Records from a data source:
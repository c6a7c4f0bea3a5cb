-- ===== src/Chaincode/Contract/Query.antt =====
-- What an invocation of DslQuery answers.
use test_fabric.Base.{
  ◌≡◌, ◌≢◌, ◌<◌, ◌%◌, refl, String, Option, none, some, List, ◌∷◌, ◌++◌, map, length, Error, Result,
  ok, err, eq-false_of_ne,
}
use test_fabric.Chaincode.Define.{
  QueryRequest, QueryResponse, Page, Payload, nil, strings, uint_size,
}
use test_fabric.Chaincode.Shim.{Shim, Kv, Codec, success}
use test_fabric.Chaincode.Reply.{status_of, query_response}
use test_fabric.Chaincode.Handler.{Args, no_query, reply_found, query_decoded, dsl_query}
use test_fabric.Chaincode.Contract.{respond, invoke}
use test_fabric.Chaincode.Paging.{Found, get_value_by_dsl}
use test_fabric.Chaincode.Paging.Scan.{with_total}
use test_fabric.Chaincode.Paging.Window.{page_of}
use test_fabric.Chaincode.Paging.Laws.{get_value_by_dsl-page, get_value_by_dsl-broken}

-- The envelope of a DslQuery.
abbrev pub envelope : String → Option Error → Payload → Page → QueryResponse
envelope track_id error payload page = record {
  track_id = track_id;
  res_status = status_of error;
  payload = payload;
  page = page;
}

module _ (shim : Shim) (codec : Codec) (track_id text answer : String) (rest : List String)
    (request : QueryRequest) (s s' : shim.Stub) (given : text ≢ "") where
  open shim use {get_query_result, close_iterator}
  open codec use {decode_query, encode_query}

  -- A DslQuery whose request is not empty and decodes, with a selector that is not empty, and which
  -- finds records that can all be read, answers with the page of them that was asked for and with
  -- their number, in an envelope of code 0, if that envelope can be encoded.
  pub invoke-query :
      (kvs : List Kv)
      → decode_query text no_query ≡ (request, none)
      → request.dsl_syntax ≢ ""
      → request.split_page.page_size < uint_size
      → get_query_result request.dsl_syntax s ≡ (ok (map ok kvs), s')
      → encode_query (
          envelope track_id none
            (strings (page_of request kvs))
            ((with_total request (length kvs % uint_size)).split_page))
        ≡ (answer, none)
      → invoke shim codec "DslQuery" (track_id ∷ text ∷ rest) s
        ≡ (success answer, (close_iterator s').1)
  unfolding invoke dsl_query
  invoke-query kvs decoded asked fits found encoded = rw (
    eq-false_of_ne text "" given,
    decoded,
    get_value_by_dsl-page shim request s s' asked kvs fits found,
    encoded,
  )

  -- A DslQuery whose request decodes, with a selector that is not empty, and which finds a record
  -- that cannot be read, is still a successful transaction: the error of the database is told in an
  -- envelope of code 1, and the response that carries it, if it can be encoded, is a success.
  pub invoke-query_broken :
      (kvs : List Kv) (e : Error) (items : List (Result Kv))
      → decode_query text no_query ≡ (request, none)
      → request.dsl_syntax ≢ ""
      → request.split_page.page_size < uint_size
      → get_query_result request.dsl_syntax s ≡ (ok (map ok kvs ++ err e ∷ items), s')
      → encode_query (
          envelope track_id (some e) nil ((with_total request (length kvs % uint_size)).split_page))
        ≡ (answer, none)
      → invoke shim codec "DslQuery" (track_id ∷ text ∷ rest) s
        ≡ (success answer, (close_iterator s').1)
  unfolding invoke dsl_query
  invoke-query_broken kvs e items decoded asked fits found encoded = rw (
    eq-false_of_ne text "" given,
    decoded,
    get_value_by_dsl-broken shim request s s' asked kvs e items fits found,
    encoded,
  )

respond-success :
    (reply : String × Option Error) → reply.1 ≡ none → (p : String) × (respond reply ≡ success p)
respond-success (p, none) h = (p, refl)
respond-success (p, some e) h = cc

query_decoded-success :
    (shim : Shim) (codec : Codec)
    → ((r : QueryResponse) → (codec.encode_query r).1 ≡ none)
    → (args : Args) (decoded : QueryRequest × Option Error) (s : shim.Stub)
    → (p : String) × (respond (query_decoded shim codec args decoded s).0 ≡ success p)
unfolding query_response
query_decoded-success shim codec encodes args (request, some e) s = respond-success _ (encodes _)
query_decoded-success shim codec encodes args (request, none) s =
    found (get_value_by_dsl shim request s).0
  where
    found : (f : Found) → (p : String) × (respond (reply_found shim codec args f) ≡ success p)
    found (result, none, request) = respond-success _ (encodes _)
    found (result, some e, request) = respond-success _ (encodes _)

-- As long as responses can be encoded, DslQuery never fails on a request that is not empty,
-- whatever the request holds and whatever the database answers: `QueryResponse` returns the error
-- of the encoding, not its own.
pub invoke-query_succeeds :
    (shim : Shim) (codec : Codec) (track_id text : String) (rest : List String) (s : shim.Stub)
    → text ≢ ""
    → ((r : QueryResponse) → (codec.encode_query r).1 ≡ none)
    → (answer : String) × ((invoke shim codec "DslQuery" (track_id ∷ text ∷ rest) s).0
        ≡ success answer)
unfolding invoke dsl_query
invoke-query_succeeds shim codec track_id text rest s given encodes =
    rw (eq-false_of_ne text "" given) (
      query_decoded-success shim codec encodes (record { track_id = track_id; request = text })
        (codec.decode_query text no_query) s)
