-- ===== src/Chaincode/Contract/Refuse.antt =====
-- The invocations that are refused before a handler runs.
use test_fabric.Base.{
  ◌<◌, ◌≡◌, ◌≢◌, ◌⊎◌, refl, String, none, some, List, [], ◌∷◌, length, get_elem?, inl, inr, arith,
  eq_iff, eq-false_of_ne,
}
use test_fabric.Chaincode.Shim.{Shim, Codec, failure}
use test_fabric.Chaincode.Handler.{Args}
use test_fabric.Chaincode.Contract.{check_args, invoke}

check_args-none :
    (args : List String) → (length args < 2) ⊎ (get_elem? args 1 ≡ some "") → check_args args ≡ none
unfolding check_args
check_args-none [] bad = refl
check_args-none (track_id ∷ []) bad = refl
check_args-none (track_id ∷ text ∷ rest) (inl short) = absurd (omega arith)
check_args-none (track_id ∷ text ∷ rest) (inr empty) = ground (arith, eq_iff text "")

module _ (shim : Shim) (codec : Codec) (function : String) (args : List String)
    (s : shim.Stub) where
  -- Fewer than two arguments, or an empty second one: the call fails and changes nothing.
  pub invoke-few_args :
      (length args < 2) ⊎ (get_elem? args 1 ≡ some "")
      → invoke shim codec function args s
        ≡ (failure "the invoke args length < 2 or arg[1] is empty", s)
  unfolding invoke
  invoke-few_args bad = rw (check_args-none args bad)

  -- With enough arguments, a name that is not in the table fails and changes nothing.
  pub invoke-unknown :
      (a : Args)
      → check_args args ≡ some a
      → function ≢ "SaveData"
      → function ≢ "DslQuery"
      → function ≢ "KeepaliveQuery"
      → invoke shim codec function args s ≡ (failure "the function name not exist!!", s)
  unfolding invoke
  invoke-unknown a checked save query keepalive = rw (
    checked,
    eq-false_of_ne function "SaveData" save,
    eq-false_of_ne function "DslQuery" query,
    eq-false_of_ne function "KeepaliveQuery" keepalive,
  )
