-- ===== src/Chaincode/Tests.antt =====
-- Runs of the chaincode on the stub in memory, and its theorems at concrete inputs.
use Prim.Native.String.{◌++◌ as str_append}
use test_fabric.Base.{
  ℕ, ◌≡◌, ◌≢◌, ◌⊎◌, ◌∙◌, ap, subst, refl, String, false, none, some, List, [], ◌∷◌, map, arith,
  eq_iff, inl, take,
}
use test_fabric.Chaincode.Define.{QueryRequest, nil, strings}
use test_fabric.Chaincode.Shim.{Shim, Kv, success, failure}
use mathlib.Core.Option.{some-injective}
use test_fabric.Chaincode.Reply.{status_of}
use test_fabric.Chaincode.Paging.{get_value_by_dsl}
use test_fabric.Chaincode.Paging.Scan.{with_total, pick, skip_of, scan}
use test_fabric.Chaincode.Paging.Window.{page_of}
use test_fabric.Chaincode.Paging.Laws.{
  get_value_by_dsl-page, get_value_by_dsl-broken, pages, pages-eq-take,
}
use test_fabric.Chaincode.Handler.{no_query, no_invoke, keepalive_test, save_data}
use test_fabric.Chaincode.Contract.{check_args, init, invoke}
use test_fabric.Chaincode.Contract.Save.{invoke-save_undecoded}
use test_fabric.Chaincode.Contract.Query.{invoke-query, invoke-query_broken, invoke-query_succeeds}
use test_fabric.Chaincode.Contract.Writes.{invoke-keeps}
use test_fabric.Chaincode.Contract.Refuse.{invoke-few_args, invoke-unknown}
use test_fabric.Chaincode.Contract.Iterators.{invoke-opened}
use test_fabric.Chaincode.Contract.Alive.{
  Spares, Reach, deployed, invoked, keepalive_reached, keepalive_spoiled,
}
use test_fabric.Chaincode.Memory.{
  Memory, memory_shim, memory_shim-IsCount, memory_shim-IsLedger, commit, codec,
}

abbrev kv : String → String → Kv
kv k v = record { key = k; value = v }

abbrev records : List Kv
records = kv "a" "1" ∷ kv "b" "2" ∷ kv "c" "3" ∷ kv "d" "4" ∷ kv "e" "5" ∷ []

abbrev fresh : Memory
fresh = record { committed = []; pending = []; event = none; open_iterators = 0 }

abbrev filled : Memory
filled = record fresh { committed = records }

abbrev opened : Memory
opened = record filled { open_iterators = 1 }

abbrev ask : String → ℕ → ℕ → QueryRequest
ask syntax page size = record {
  dsl_syntax = syntax;
  split_page = record { current_page = page; page_size = size; total_records = 0 };
  block_flag = false;
}

-- Every function that a run goes through.
runs : Unit {0}
unfolding invoke get_value_by_dsl skip_of scan status_of save_data
runs = tt

second_page :
    (get_value_by_dsl memory_shim (ask "all" 2 2) filled).0
    ≡ (strings ("3" ∷ "4" ∷ []), none, with_total (ask "all" 2 2) 5)
unfolding runs
second_page = refl

get_value_by_dsl-page_example :
    get_value_by_dsl memory_shim (ask "all" 2 2) filled
    ≡ ((strings (page_of (ask "all" 2 2) records), none, with_total (ask "all" 2 2) 5), filled)
get_value_by_dsl-page_example =
    get_value_by_dsl-page memory_shim (ask "all" 2 2) filled opened
      (ground (arith, eq_iff "all" "")) records (omega arith) refl

abbrev broken : QueryRequest
broken = ask "broken" 1 0

get_value_by_dsl-broken_example :
    get_value_by_dsl memory_shim broken filled
    ≡ ((nil, some "connection reset", with_total broken 5), filled)
get_value_by_dsl-broken_example =
    get_value_by_dsl-broken memory_shim broken filled opened (ground (arith, eq_iff "broken" ""))
      records "connection reset" [] (omega arith) refl

pages-eq-take_example :
    pages (ask "all" 1 2) 2 records ≡ take 4 (map (pick (ask "all" 1 2)) records)
pages-eq-take_example =
    pages-eq-take (ask "all" 1 2) 2 records (omega arith) (omega arith) (omega arith)

abbrev saved : Memory
saved = record fresh { pending = kv "a" "1" ∷ [] }

invoke-save_undecoded_example :
    invoke memory_shim codec "SaveData" ("t1" ∷ "{" ∷ []) fresh
    ≡ (failure "unexpected end of JSON input", fresh)
invoke-save_undecoded_example =
    invoke-save_undecoded memory_shim codec "t1" "{" [] (record { key = ""; value = "" }) fresh
      fresh (ground (arith, eq_iff "{" "")) "unexpected end of JSON input" refl

-- A peer that takes no more writes.
abbrev full_shim : Shim
full_shim = record memory_shim { put_state = λ k v m. (some "disk full", m) }

invoke-query_example :
    invoke memory_shim codec "DslQuery" ("t1" ∷ "page" ∷ []) filled
    ≡ (success "query:Success", filled)
unfolding status_of
invoke-query_example =
    invoke-query memory_shim codec "t1" "page" "query:Success" [] (ask "all" 2 2) filled opened
      (ground (arith, eq_iff "page" "")) records refl (ground (arith, eq_iff "all" ""))
      (omega arith) refl refl

invoke-query_broken_example :
    invoke memory_shim codec "DslQuery" ("t1" ∷ "broken" ∷ []) filled
    ≡ (success "query:connection reset", filled)
unfolding status_of
invoke-query_broken_example =
    invoke-query_broken memory_shim codec "t1" "broken" "query:connection reset" []
      (record no_query { dsl_syntax = "broken" }) filled opened (ground (arith, eq_iff "broken" ""))
      records "connection reset" [] refl (ground (arith, eq_iff "broken" "")) (omega arith) refl
      refl

invoke-query_succeeds_example :
    (answer : String) × ((invoke memory_shim codec "DslQuery" ("t1" ∷ "{" ∷ []) filled).0
      ≡ success answer)
invoke-query_succeeds_example =
    invoke-query_succeeds memory_shim codec "t1" "{" [] filled (ground (arith, eq_iff "{" ""))
      (λ r. refl)

invoke-keeps_example :
    (invoke memory_shim codec "DslQuery" ("t1" ∷ "page" ∷ []) filled).1.committed ≡ records
invoke-keeps_example =
    invoke-keeps memory_shim codec (List Kv) (λ m. m.committed)
      (record { query_keeps = λ syntax m. refl; close_keeps = λ m. refl }) "DslQuery"
      ("t1" ∷ "page" ∷ []) filled (ground (arith, eq_iff "DslQuery" "SaveData"))

invoke-few_args_example :
    invoke memory_shim codec "SaveData" ("t1" ∷ []) fresh
    ≡ (failure "the invoke args length < 2 or arg[1] is empty", fresh)
invoke-few_args_example =
    invoke-few_args memory_shim codec "SaveData" ("t1" ∷ []) fresh (inl (omega arith))

invoke-unknown_example :
    invoke memory_shim codec "Delete" ("t1" ∷ "x" ∷ []) fresh
    ≡ (failure "the function name not exist!!", fresh)
invoke-unknown_example =
    invoke-unknown memory_shim codec "Delete" ("t1" ∷ "x" ∷ []) fresh
      (record { track_id = "t1"; request = "x" }) (unfold check_args in refl)
      (ground (arith, eq_iff "Delete" "SaveData")) (ground (arith, eq_iff "Delete" "DslQuery"))
      (ground (arith, eq_iff "Delete" "KeepaliveQuery"))

invoke-opened_example :
    (invoke memory_shim codec "DslQuery" ("t1" ∷ "broken" ∷ []) filled).1.open_iterators ≡ 0
invoke-opened_example =
    invoke-opened memory_shim codec (λ m. m.open_iterators) memory_shim-IsCount "DslQuery"
      ("t1" ∷ "broken" ∷ []) filled

-- The ledger after its deployment and one SaveData.
abbrev lived : Memory
lived =
    commit
      (invoke memory_shim codec "SaveData" ("t1" ∷ "save" ∷ [])
        (commit (init memory_shim fresh).1)).1

a_ne_test : ◌≢◌ {A = String} "a" "test"
a_ne_test = ground (arith, eq_iff "a" "test")

Spares-save : Spares codec ("t1" ∷ "save" ∷ [])
unfolding check_args
Spares-save a request checked decoded =
    subst
      (λ b.
        codec.decode_invoke b.request no_invoke ≡ (request, none)
        → (request.key ≢ keepalive_test) ⊎ (request.value ≡ keepalive_test))
      (some-injective _ _ checked) (λ read. inl (λ e. a_ne_test (ap (λ p. p.0.key) read ∙ e)))
      decoded

lived-Reach : Reach memory_shim codec commit memory_shim-IsLedger lived
unfolding runs init
lived-Reach =
    invoked "SaveData" ("t1" ∷ "save" ∷ []) "invoke:Success" (deployed fresh refl)
      (λ _. Spares-save) refl

keepalive_reached_example :
    invoke memory_shim codec "KeepaliveQuery" ("t2" ∷ "reduPara" ∷ []) lived
    ≡ (success "Reached", lived)
keepalive_reached_example =
    keepalive_reached memory_shim codec commit memory_shim-IsLedger "t2" "reduPara" []
      (ground (arith, eq_iff "reduPara" "")) lived-Reach

keepalive_spoiled_example :
    let spoiled = commit (invoke memory_shim codec "SaveData" ("t1" ∷ "spoil" ∷ []) filled).1 in
    invoke memory_shim codec "KeepaliveQuery" ("t1" ∷ "spoil" ∷ []) spoiled
    ≡ (failure (str_append "ERROR! KeepaliveQuery get result is " "bad"), spoiled)
keepalive_spoiled_example =
    keepalive_spoiled memory_shim codec commit memory_shim-IsLedger "t1" "spoil" "bad" [] filled
      (record filled { pending = kv "test" "bad" ∷ [] }) (ground (arith, eq_iff "spoil" ""))
      (ground (arith, eq_iff "bad" "test")) refl refl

| What the task requires |
Find every line in the records that uses the string "unexpected", then copy it.

| Written answer |
    ≡ (failure "unexpected end of JSON input", fresh)
      fresh (ground (arith, eq_iff "{" "")) "unexpected end of JSON input" refl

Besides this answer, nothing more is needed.